Implikasi dari kekaisaran data Tiongkok ini sangat luas. Bagi Tiongkok sendiri, ini adalah katalisator untuk modernisasi dan peningkatan kekuatan nasional. Secara ekonomi, dominasi data ini memungkinkan Tiongkok memimpin dalam inovasi berbasis AI, dari pengembangan obat-obatan hingga manufaktur cerdas. Data besar menjadi bahan bakar bagi raksasa teknologi domestik untuk menciptakan produk dan layanan yang sangat personalisasi, mendorong pertumbuhan ekonomi digital yang pesat dan memberikan keunggulan kompetitif global. Di sisi sosial, sistem manajemen data ini, terutama melalui Sistem Kredit Sosial, memungkinkan pemerintah untuk memantau perilaku warga secara ekstensif, mengklaim tujuan stabilitas dan keamanan. Ini menciptakan masyarakat yang sangat teratur, namun juga menimbulkan kekhawatiran serius tentang privasi individu dan potensi penyalahgunaan kekuasaan, di mana data dapat digunakan untuk membatasi kebebasan sipil atau menghukum pembangkangan.

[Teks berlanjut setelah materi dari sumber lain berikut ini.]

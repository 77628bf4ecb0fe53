-- ===== src/Network/Honest.antt =====
-- That every echo which the client's worker takes for an answer is one, whatever the network does.
use mathlib.Core.Path.{subst}
use win_udpsharded_echo.Prelude.{
  ℕ, ◌+◌, ◌≤◌, ◌≡◌, refl, sym, ap, ◌∙◌, List, [], ◌∷◌, ◌++◌, Bool, true, Option, none, some, length,
  leb, All, All-append, All-map, All-Within, Within, update, update-All, inl, inr, Bool-cases,
}
use win_udpsharded_echo.Float.{Double}
use win_udpsharded_echo.Cc.{Controller}
use win_udpsharded_echo.SocketUtils.Io.{Operation, recv, send, IoContext, Outcome, Datagram}
use win_udpsharded_echo.SocketUtils.Packet.{PacketHeader, get_header, header_size, max_payload_size}
use win_udpsharded_echo.Server.Worker.{Worker, Entry, going, serve}
use win_udpsharded_echo.Server.Reach
use win_udpsharded_echo.Server.System
use win_udpsharded_echo.Server.Echo.{worker_of, replies, Reached-serve-replies}
use win_udpsharded_echo.Client.Worker.{
  Config, Client, Tick, Completion, check, poll_pacer, reset_pacer,
}
use win_udpsharded_echo.Client.Reach as Alone
use win_udpsharded_echo.Client.Reach.{Kept, Note, sent, answered, answers, answers_at, answer_of}
use win_udpsharded_echo.Client.Wire.{Carries, send_packet-wire}
use win_udpsharded_echo.Network.{
  Net, begun, checked, polled, reset, sends, gets, serves, IsCopy, Comes, IsReceive, header_of,
}
use win_udpsharded_echo.Network.Wires.{
  wire-take_completion, wire-launch, wire-start, IsEcho, replies-IsEcho,
}

-- Each answer is noted after its packet, the last note first.
abbrev pub IsHonest : List Note → Type 0
IsHonest [] = Unit {0}
IsHonest (sent j ∷ h) = IsHonest h
IsHonest (answered j ∷ h) = Within (sent j) h × IsHonest h

IsHonest-answer_of :
    (e : Completion) (o : Operation) (h : List Note)
    → (o ≡ recv → Within (sent (get_header e.payload).sequence_number) h)
    → IsHonest h
    → IsHonest (answer_of e o ++ h)
IsHonest-answer_of e recv h f k = elim (Bool-cases (leb header_size e.bytes_transferred)) [
  | inl b ↦ rw b (f refl, k)
  | inr b ↦ rw b k
]
IsHonest-answer_of e send h f k = k

module _ {F C : Type 0} ⦃d : Double F⦄ (controller : Controller F C) (config : Config)
    (sync_reply : Bool) (is_mine : ℕ → Bool) (fits : config.payload_size ≤ max_payload_size) where
  IsHonest-answers_at :
      (e : Completion) (o : Option ℕ) (c : Client F C) (h : List Note)
      → ((i : ℕ)
          → o ≡ some i
          → (c.io.contexts i).operation ≡ recv
          → Within (sent (get_header e.payload).sequence_number) h)
      → IsHonest h
      → IsHonest (answers_at controller config e o c ++ h)
  IsHonest-answers_at e none c h f k = k
  IsHonest-answers_at e (some i) c h f k = IsHonest-answer_of e _ h (f i refl) k

  -- The bytes of a packet with one of the headers.
  pub record IsPacket (log : List PacketHeader) (bytes : List ℕ) : Type 0 where
    pub header : PacketHeader
    pub in_log : Within header log
    pub reads_back : get_header bytes ≡ header
    pub whole : length bytes ≡ header_size + config.payload_size

  IsPacket-later :
      (p : PacketHeader) (log : List PacketHeader) (bytes : List ℕ)
      → IsPacket log bytes
      → IsPacket (p ∷ log) bytes
  IsPacket-later p log bytes k = record {
    header = k.header;
    in_log = inr k.in_log;
    reads_back = k.reads_back;
    whole = k.whole;
  }

  -- A datagram of a server is a packet, if it goes to the client.
  abbrev pub IsReply : List PacketHeader → Datagram → Type 0
  IsReply log y = is_mine y.dest ≡ true → IsPacket log y.payload

  abbrev pub Serves : Worker → Type 0
  Serves w =
      (answers : List Outcome) × (contexts : ℕ → IoContext) × System.IsFresh answers contexts
      × Reach.Reached sync_reply answers contexts w

  -- What holds of all that is reached together.
  pub record Sound (c : Client F C) (h : List Note) (log : List PacketHeader) (ws : ℕ → Worker)
      : Type 0 where
    pub reached : Alone.Reached controller config c h
    pub served : (k : ℕ) → Serves (ws k)
    pub on_wire : All (λ x. IsPacket log x.payload) c.io.wire
    pub replied : (k : ℕ) → All (IsReply log) (ws k).io.wire
    pub noted : All (λ p. Within (sent p.sequence_number) h) log
    pub honest : IsHonest h

  Sound-quiet :
      {c c' : Client F C} {h : List Note} {log : List PacketHeader} {ws : ℕ → Worker}
      → c'.io.wire ≡ c.io.wire
      → Alone.Reached controller config c' h
      → Sound c h log ws
      → Sound c' h log ws
  Sound-quiet {log} w r s = record {
    reached = r;
    served = s.served;
    on_wire = subst (All (λ x. IsPacket log x.payload)) (sym w) s.on_wire;
    replied = s.replied;
    noted = s.noted;
    honest = s.honest;
  }

  Sound-sends :
      (t : Tick) {c c' : Client F C} {h : List Note} {log : List PacketHeader} {ws : ℕ → Worker}
      → Alone.Reached controller config c' (sent c.next_sequence ∷ h)
      → (x : Datagram) × (c'.io.wire ≡ c.io.wire ++ x ∷ []) × Carries config (header_of t c) x
      → Sound c h log ws
      → Sound c' (sent c.next_sequence ∷ h) (header_of t c ∷ log) ws
  Sound-sends t {c} {c'} {h} {log} {ws} r (x, w, carries) s =
      let p = header_of t c in
      let later = IsPacket-later p log in
      record {
        reached = r;
        served = s.served;
        on_wire = subst (All (λ x. IsPacket (p ∷ log) x.payload)) (sym w) (
            All-append (λ x. IsPacket (p ∷ log) x.payload) c.io.wire (x ∷ [])
              (All-map (λ x. IsPacket log x.payload) _ c.io.wire (λ x. later x.payload) s.on_wire)
              (
                record {
                  header = p;
                  in_log = inl refl;
                  reads_back = carries.reads_back;
                  whole = carries.whole;
                },
                tt,
              ));
        replied = λ k.
            All-map (IsReply log) (IsReply (p ∷ log)) (ws k).io.wire
              (λ y f m. later y.payload (f m)) (s.replied k);
        noted = (
          inl refl,
          All-map (λ p. Within (sent p.sequence_number) h) _ log (λ p at. inr at) s.noted,
        );
        honest = s.honest;
      }

  -- What comes to the client from a server is a packet.
  pub Comes-IsPacket :
      (e : Completion) {c : Client F C} {h : List Note} {log : List PacketHeader} {ws : ℕ → Worker}
      → Sound c h log ws
      → Comes is_mine e log ws
      → IsPacket log e.payload
  Comes-IsPacket e {log} {ws} s m = subst (IsPacket log) m.bytes (
      All-Within (IsReply log) (ws m.sender).io.wire m.datagram (s.replied m.sender) m.was_sent
        m.to_client)

  noted-IsPacket :
      {c : Client F C} {h : List Note} {log : List PacketHeader} {ws : ℕ → Worker} (bytes : List ℕ)
      → Sound c h log ws
      → IsPacket log bytes
      → Within (sent (get_header bytes).sequence_number) h
  noted-IsPacket {h} {log} bytes s k =
      subst (λ p. Within (sent p.sequence_number) h) (sym k.reads_back)
        (All-Within (λ p. Within (sent p.sequence_number) h) log k.header s.noted k.in_log)

  Within-append : (x : Note) (ns h : List Note) → Within x h → Within x (ns ++ h)
  Within-append x [] h at = at
  Within-append x (n ∷ ns) h at = inr (Within-append x ns h at)

  Sound-gets :
      (e : Completion) {c c' : Client F C} {h : List Note} {log : List PacketHeader}
      {ws : ℕ → Worker}
      → Alone.Reached controller config c' (answers controller config e c ++ h)
      → c'.io.wire ≡ c.io.wire
      → (IsReceive e c → Comes is_mine e log ws)
      → Sound c h log ws
      → Sound c' (answers controller config e c ++ h) log ws
  Sound-gets e {c} {c'} {h} {log} {ws} r w comes s = record {
    reached = r;
    served = s.served;
    on_wire = subst (All (λ x. IsPacket log x.payload)) (sym w) s.on_wire;
    replied = s.replied;
    noted =
        All-map (λ p. Within (sent p.sequence_number) h) _ log
          (λ p at. Within-append (sent p.sequence_number) (answers controller config e c) h at)
          s.noted;
    honest =
        IsHonest-answers_at e e.overlapped c h
          (λ i at op. noted-IsPacket e.payload s (Comes-IsPacket e s (comes (i, at, op)))) s.honest;
  }

  Sound-serves :
      (k : ℕ) (e : Entry) {c : Client F C} {h : List Note} {log : List PacketHeader}
      {ws : ℕ → Worker} {w : Worker}
      → Reach.IsDue e (ws k).io
      → Reach.IsDelivered e
      → (is_mine e.source ≡ true → IsCopy e.payload c.io.wire)
      → serve sync_reply e (ws k) ≡ going w
      → Sound c h log ws
      → Sound c h log (update k w ws)
  Sound-serves k e {c} {h} {log} {ws} {w} due del copy eq s =
      let (answers, contexts, f, r) = s.served k in
      let step =
        Reached-serve-replies sync_reply answers contexts (ws k) e f.answered f.operation_recv
          f.sized r del in
      let wire_eq : w.io.wire ≡ (ws k).io.wire ++ replies sync_reply e (ws k) =
        ap (λ o. (worker_of o).io.wire) (sym eq) ∙ step.on_wire in
      let echoes : All (IsReply log) (replies sync_reply e (ws k)) =
        All-map (IsEcho e) (IsReply log) (replies sync_reply e (ws k))
          (λ y same mine.
            let (x, at, bytes) = copy (ap is_mine (sym same.1) ∙ mine) in
            subst (IsPacket log) (bytes ∙ sym same.0)
              (All-Within (λ x. IsPacket log x.payload) c.io.wire x s.on_wire at))
          (replies-IsEcho sync_reply e (ws k)) in
      record {
        reached = s.reached;
        served =
            update-All (λ j. Serves) k w ws (answers, contexts, f, Reach.served r e due del eq)
              (λ j _. s.served j);
        on_wire = s.on_wire;
        replied =
            update-All (λ j w. All (IsReply log) w.io.wire) k w ws
              (subst (All (IsReply log)) (sym wire_eq)
                (All-append (IsReply log) (ws k).io.wire _ (s.replied k) echoes))
              (λ j _. s.replied j);
        noted = s.noted;
        honest = s.honest;
      }

  pub Net-Sound :
      {c : Client F C} {h : List Note} {log : List PacketHeader} {ws : ℕ → Worker}
      → Net controller config sync_reply is_mine c h log ws
      → Sound c h log ws
  unfolding check poll_pacer reset_pacer
  Net-Sound (begun pacer outcomes contexts answers server_contexts f g) = record {
    reached = Alone.launched pacer outcomes contexts f;
    served = λ k. (answers k, server_contexts k, g k, Reach.started);
    on_wire =
        subst (All (λ x. IsPacket [] x.payload))
          (sym (wire-launch controller config pacer outcomes contexts)) tt;
    replied = λ k. subst (All (IsReply [])) (sym (wire-start (answers k) (server_contexts k))) tt;
    noted = tt;
    honest = tt;
  }
  Net-Sound (checked now n) =
      let s = Net-Sound n in Sound-quiet refl (Alone.checked now s.reached) s
  Net-Sound (polled now n) = let s = Net-Sound n in Sound-quiet refl (Alone.polled now s.reached) s
  Net-Sound (reset now n) = let s = Net-Sound n in Sound-quiet refl (Alone.reset now s.reached) s
  Net-Sound (sends t i rest n u a eq) =
      let s = Net-Sound n in
      Sound-sends t (Alone.packet t i rest s.reached a eq)
        (send_packet-wire controller config t i rest fits u s.reached a eq) s
  Net-Sound (gets e {c} n due del comes eq) =
      let s = Net-Sound n in
      Sound-gets e (Alone.completed e s.reached due del eq)
        (subst (Kept (λ c'. c'.io.wire ≡ c.io.wire)) eq
          (wire-take_completion controller config e c))
        comes s
  Net-Sound (serves k e n due del copy eq) = Sound-serves k e due del copy eq (Net-Sound n)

Bagi negara-negara demokrasi, pendekatan Tiongkok ini menghadirkan tantangan dan pelajaran penting. Pertama, ini menyoroti perlunya negara-negara demokrasi untuk mengembangkan strategi data nasional mereka sendiri yang koheren, yang menyeimbangkan inovasi dan privasi. Model Barat yang berfokus pada perlindungan data individu (seperti GDPR di Eropa) berbenturan dengan model Tiongkok yang mengutamakan kontrol negara dan pemanfaatan data untuk kepentingan kolektif. Kedua, dominasi data Tiongkok memberikan keunggulan signifikan dalam perlombaan AI global, yang berpotensi mengubah keseimbangan kekuatan geopolitik. Negara-negara demokrasi perlu berinvestasi lebih banyak dalam infrastruktur data, penelitian AI, dan pengembangan talenta untuk tidak tertinggal.
Tantangan bagi negara-negara demokrasi adalah bagaimana menanggapi kekuatan data Tiongkok tanpa mengorbankan nilai-nilai inti mereka. Ini berarti mencari cara untuk memanfaatkan kekuatan data untuk kemajuan ekonomi dan keamanan tanpa mengadopsi model pengawasan otoriter. Dialog internasional tentang tata kelola data, standar etika AI, dan aliran data lintas batas menjadi semakin krusial. Ada kebutuhan untuk mengembangkan kerangka kerja yang memungkinkan kolaborasi data yang aman dan etis di antara negara-negara yang berpikiran sama, untuk mengimbangi keunggulan Tiongkok dalam pengumpulan data terpusat.
Meskipun kekaisaran data Tiongkok tampak kokoh, ada beberapa tantangan internal dan kritik eksternal. Secara internal, masalah privasi dan potensi penyalahgunaan data dapat memicu ketidakpuasan masyarakat, meskipun hal ini jarang terungkap secara terbuka. Kualitas dan bias data juga menjadi perhatian; data yang buruk atau bias dapat mengarah pada keputusan yang salah atau tidak adil. Secara eksternal, model Tiongkok menghadapi kritik tajam dari komunitas internasional terkait hak asasi manusia dan pengawasan massal. Kekhawatiran ini telah menyebabkan seruan untuk "pemisahan teknologi" atau pembatasan ekspor teknologi canggih ke Tiongkok, yang dapat menghambat akses Tiongkok ke komponen atau pengetahuan penting.
Dalam jangka panjang, Tiongkok bertekad untuk menjadi kekuatan dominan dalam ekonomi digital global dan pengembangan AI, dengan data sebagai intinya. Kemampuannya untuk mengumpulkan, memproses, dan memanfaatkan data dalam skala dan kecepatan yang tak tertandingi akan terus menjadi pendorong utama ambisinya. Cara Tiongkok mengelola "minyak baru" ini – data – akan membentuk lanskap teknologi, ekonomi, dan geopolitik di abad ke-21. Bagi dunia, memahami dan menanggapi kekaisaran data Tiongkok yang tangguh ini bukan lagi pilihan, melainkan sebuah keharusan strategis.